Miesięcznik Murator ONLINE

Skocz do zawartości

PROBLEM - odleglosc od granicy dzialki 3m, a nawis budynku. Prosba o pomoc!


Dzeus86

Recommended Posts

Padłem. :lol2: Komedia

 

 

Co na to "architekt"? I kto to jest?

 

To bardziej zlozony problem - najpierw mialem "renomowane biuro z warszawy" ktore prosta adaptacje robilo mi ponad 4 miesiace i wygladlao to jakby po raz pierwszy zabieralo sie za sprawe ( brak znajomosci elementarnych podstaw). Finalnie oklamali mnie ze zlozyli wniosek dokumentujac to nawet zdjeciami ( a nie zlozyli co wyszlo prawie miesiac pozniej, gdy zadzwonilem do starostwa). Koncowo zakonczylem z nimi wspolprace i dokumenty jakie mialem przekazem innemu architektowi, ktory sprezal sie, aby mozliwie szybko cala dokumentacje przerobic od nowa ( zrobil to w tydzien - liczyl sie czas bo przez opoznienia caly harmonogram ekip i budowy by mi sie posypal). NIestety bazowal na PZT poprzedniego "biura architektonicznego" i ten temat umknal.

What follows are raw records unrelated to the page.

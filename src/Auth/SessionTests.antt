-- ===== src/Auth/SessionTests.antt =====
-- Sessions at concrete inputs.
use python_react_template.Prelude.{
  ◌&&◌, any, keep, not, ◌==◌, String, true, false, ◌≡◌, ◌≢◌, refl, none, some, [], ◌∷◌, arith, find,
}
use python_react_template.Store.Rows.{User, AuthSession}
use python_react_template.Store.Exec.{ok}
use python_react_template.Store.AuthRepository.Users.{get_user}
use python_react_template.Store.AuthRepository.Sessions.{is_active_at, active_session}
use python_react_template.Store.AuthorizationRepository.{role_codes_for_user}
use python_react_template.Auth.Settings.{truthy, effective_session_touch_interval_seconds}
use python_react_template.Auth.Authorization.{resolve_user_authorization}
use python_react_template.Auth.Usecase.Context.{AuthenticatedSessionContext}
use python_react_template.Auth.Usecase.Session.{authenticate_session, logout}
use python_react_template.Auth.Usecase.Soundness.{authenticate_session_sound}
use python_react_template.Auth.Usecase.Logout.{logout-revoked, authenticate_session-logout}
use python_react_template.Auth.Usecase.Rejection.{authenticate_session-rejects}
use python_react_template.Auth.Examples.{environment, settings, alice, alice_session, world}

abbrev alice_context : AuthenticatedSessionContext
alice_context = record { user = alice; session = alice_session; roles = []; permissions = [] }

abbrev inactive : User
inactive = record alice { is_active = false }

authenticate_session_sound_example :
    (token : String) × (s : AuthSession) × (truthy (some "s") ≡ some token)
    × (active_session token 100000 (world alice).db.sessions ≡ some s)
    × (get_user s.user_id (world alice).db.users ≡ some alice)
    × (alice.deleted_at ≡ none)
    × (alice.is_active ≡ true)
unfolding authenticate_session active_session get_user find effective_session_touch_interval_seconds
    resolve_user_authorization role_codes_for_user truthy
authenticate_session_sound_example =
    authenticate_session_sound environment settings (some "s") none none (world alice)
      {ctx = alice_context} refl

authenticate_session-rejects_example :
    let (result, w') =
      authenticate_session environment settings (some "s") none none (world inactive) in
    (result ≡ ok none)
    × (any (λ r. r.user_id == 7 && is_active_at 200000 r) w'.db.sessions ≡ false)
    × (keep (λ r. not (r.user_id == 7)) w'.db.sessions
        ≡ keep (λ r. not (r.user_id == 7)) (alice_session ∷ []))
unfolding active_session get_user truthy find
authenticate_session-rejects_example =
    authenticate_session-rejects environment settings (some "s") none none (world inactive) 200000
      {token = "s"} {s = alice_session} {u = inactive} refl refl refl refl

logout-revoked_example :
    ((logout environment (some "s") none none (world alice)).0 ≡ ok tt)
    × (active_session "s" 200000
          (logout environment (some "s") none none (world alice)).1.db.sessions
        ≡ none)
unfolding any truthy
logout-revoked_example =
    logout-revoked environment "s" (some "s") none none (world alice) 200000 refl (refl, tt)
      (omega arith)

authenticate_session-logout_example :
    (authenticate_session environment settings
      (some "s")
      none
      none
      (logout environment (some "s") none none (world alice)).1).0
    ≢ ok (some alice_context)
unfolding any logout
authenticate_session-logout_example =
    authenticate_session-logout environment settings (some "s") none none (world alice)
      (logout environment (some "s") none none (world alice)).1 (refl, tt) refl (omega arith)
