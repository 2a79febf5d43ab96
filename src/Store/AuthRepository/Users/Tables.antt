-- ===== src/Store/AuthRepository/Users/Tables.antt =====
-- The user table under each write.
use python_react_template.Prelude.{
  ℕ, ◌≡◌, ◌≢◌, inl, inr, arith, Bool, none, some, List, [], ◌∷◌, ◌==◌, find, update_where,
  Option-cases,
}
use python_react_template.Store.Rows.{User}
use python_react_template.Store.Exec.{World, ok}
use python_react_template.Store.AuthRepository.Users.{get_user, record_user_login}

pub id-get_user : (i : ℕ) (users : List User) {u : User} → get_user i users ≡ some u → u.id ≡ i
unfolding get_user find
id-get_user i [] e = cc
id-get_user i (r ∷ users) {u} e = ground (arith, id-get_user i users {u = u})

get_user-login :
    (i t : ℕ) (users : List User) {u : User}
    → get_user i users ≡ some u
    → get_user i
        (update_where (λ r. r.id == i) (λ r. record r { last_logged_in_at = some t }) users)
      ≡ some (record u { last_logged_in_at = some t })
unfolding get_user find update_where
get_user-login i t [] e = cc
get_user-login i t (r ∷ users) {u} e = ground (arith, get_user-login i t users {u = u})

module _ {L : Type 0} where
  -- A login that is recorded is that of a user who is there and not deleted.
  pub record_user_login-ok :
      (i t : ℕ) (w : World L) {v : User}
      → (record_user_login i t w).0 ≡ ok v
      → (u : User) × (get_user i w.db.users ≡ some u)
        × (v ≡ record u { last_logged_in_at = some t })
        × (u.deleted_at ≡ none)
        × (get_user i (record_user_login i t w).1.db.users ≡ some v)
        × ((record_user_login i t w).1.db.sessions ≡ w.db.sessions)
        × ((record_user_login i t w).1.db.roles ≡ w.db.roles)
  unfolding record_user_login
  record_user_login-ok i t w {v} h = elim (Option-cases (get_user i w.db.users)) [
    | inl gone ↦ absurd (ground arith)
    | inr (u, there) ↦ (
      u,
      there,
      ground arith,
      ground arith,
      ground (arith, get_user-login i t w.db.users there),
      ground arith,
      ground arith,
    )
  ]

-- What the primary key of `users` guarantees.
abbrev pub HasUniqueIds : List User → Type 0
HasUniqueIds [] = Unit
HasUniqueIds (u ∷ users) = (get_user u.id users ≡ none) × HasUniqueIds users

get_user-find :
    (p : User → Bool) (users : List User) {u : User}
    → find p users ≡ some u
    → get_user u.id users ≢ none
unfolding get_user find
get_user-find p [] e n = cc
get_user-find p (r ∷ users) {u} e n = ground (arith, get_user-find p users {u = u})

-- A user who is found by anything is found by the identifier.
pub get_user_unique :
    (p : User → Bool) (users : List User) {u : User}
    → HasUniqueIds users
    → find p users ≡ some u
    → get_user u.id users ≡ some u
unfolding get_user find
get_user_unique p [] unique e = cc
get_user_unique p (r ∷ users) {u} unique e =
    ground
      (arith, get_user_unique p users {u = u} unique.1, get_user-find p users {u = u}, unique.0)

Fakt jego wina, bo to on sie pod dokumentacja podpisal. Poza tym nie moglbym nic czlowiekowi zarzucic, a wrecz w druga stronę.. problem jednak jest

 

 

A co do tego co on na to - wg niego mam prawomocne PnB, inwentaryzacja bedzie zgodna z PZT zawartym tak jak cały projekt jako integralny załącznik PnB, więc uważa że powinienem dalej spokojnie budować.

Edytowane przez Dzeus86
Odnośnik do komentarza
Udostępnij na innych stronach

To nie jest rozwiazanie - bo jak ktos doniesie - zmieni sie wlasciciel, albo obecny sasiad zobaczy ( co nie jest trudne golym okiem), ze budynek jest za blisko ( nawis 2m odleglosci) to nawet za 5 lat ktos mi moze zalozyc sprawe a decyzje PnB oraz o Uzytkowaniu moga cofnac. Wyczytalem takie historie...

 

Do ubiegłego roku wykroczenia wobec Warunków Technicznych i Prawa Budowlanego nie przedawniały się nigdy! Takie historie to już chyba się nie powtórzą. Za 5 lat to już może sobie co najwyżej pogrozić pięścią przez ogrodzenie. Właśnie w ubiegłym roku zmieniono prawo budowlane, aby chroniło właścicieli budynków, którzy mają legalnie pozwolenie na budowę, a urząd popełnił błąd zatwierdzając projekt niezgodny z przepisami. Dotyczy to sytuacji kiedy przez właśnie 5 lat nikt nie zgłosił żadnej sprawy do PINB, nie było żadnej kontroli ani postępowania, a inwestor zbudował zgodnie z projektem (który okazało się że był niezgodny z przepisami).

To ma chronić przed sytuacjami, gdy nieświadomy właściciel mieszka sobie spokojnie 10 lat, a nagle nowy sąsiad (najczęściej deweloper z kasą) wygrzebie jakiś przepis, aby rozwalić budynek na sąsiedniej działce, bo coś jest niezgodne z przepisami.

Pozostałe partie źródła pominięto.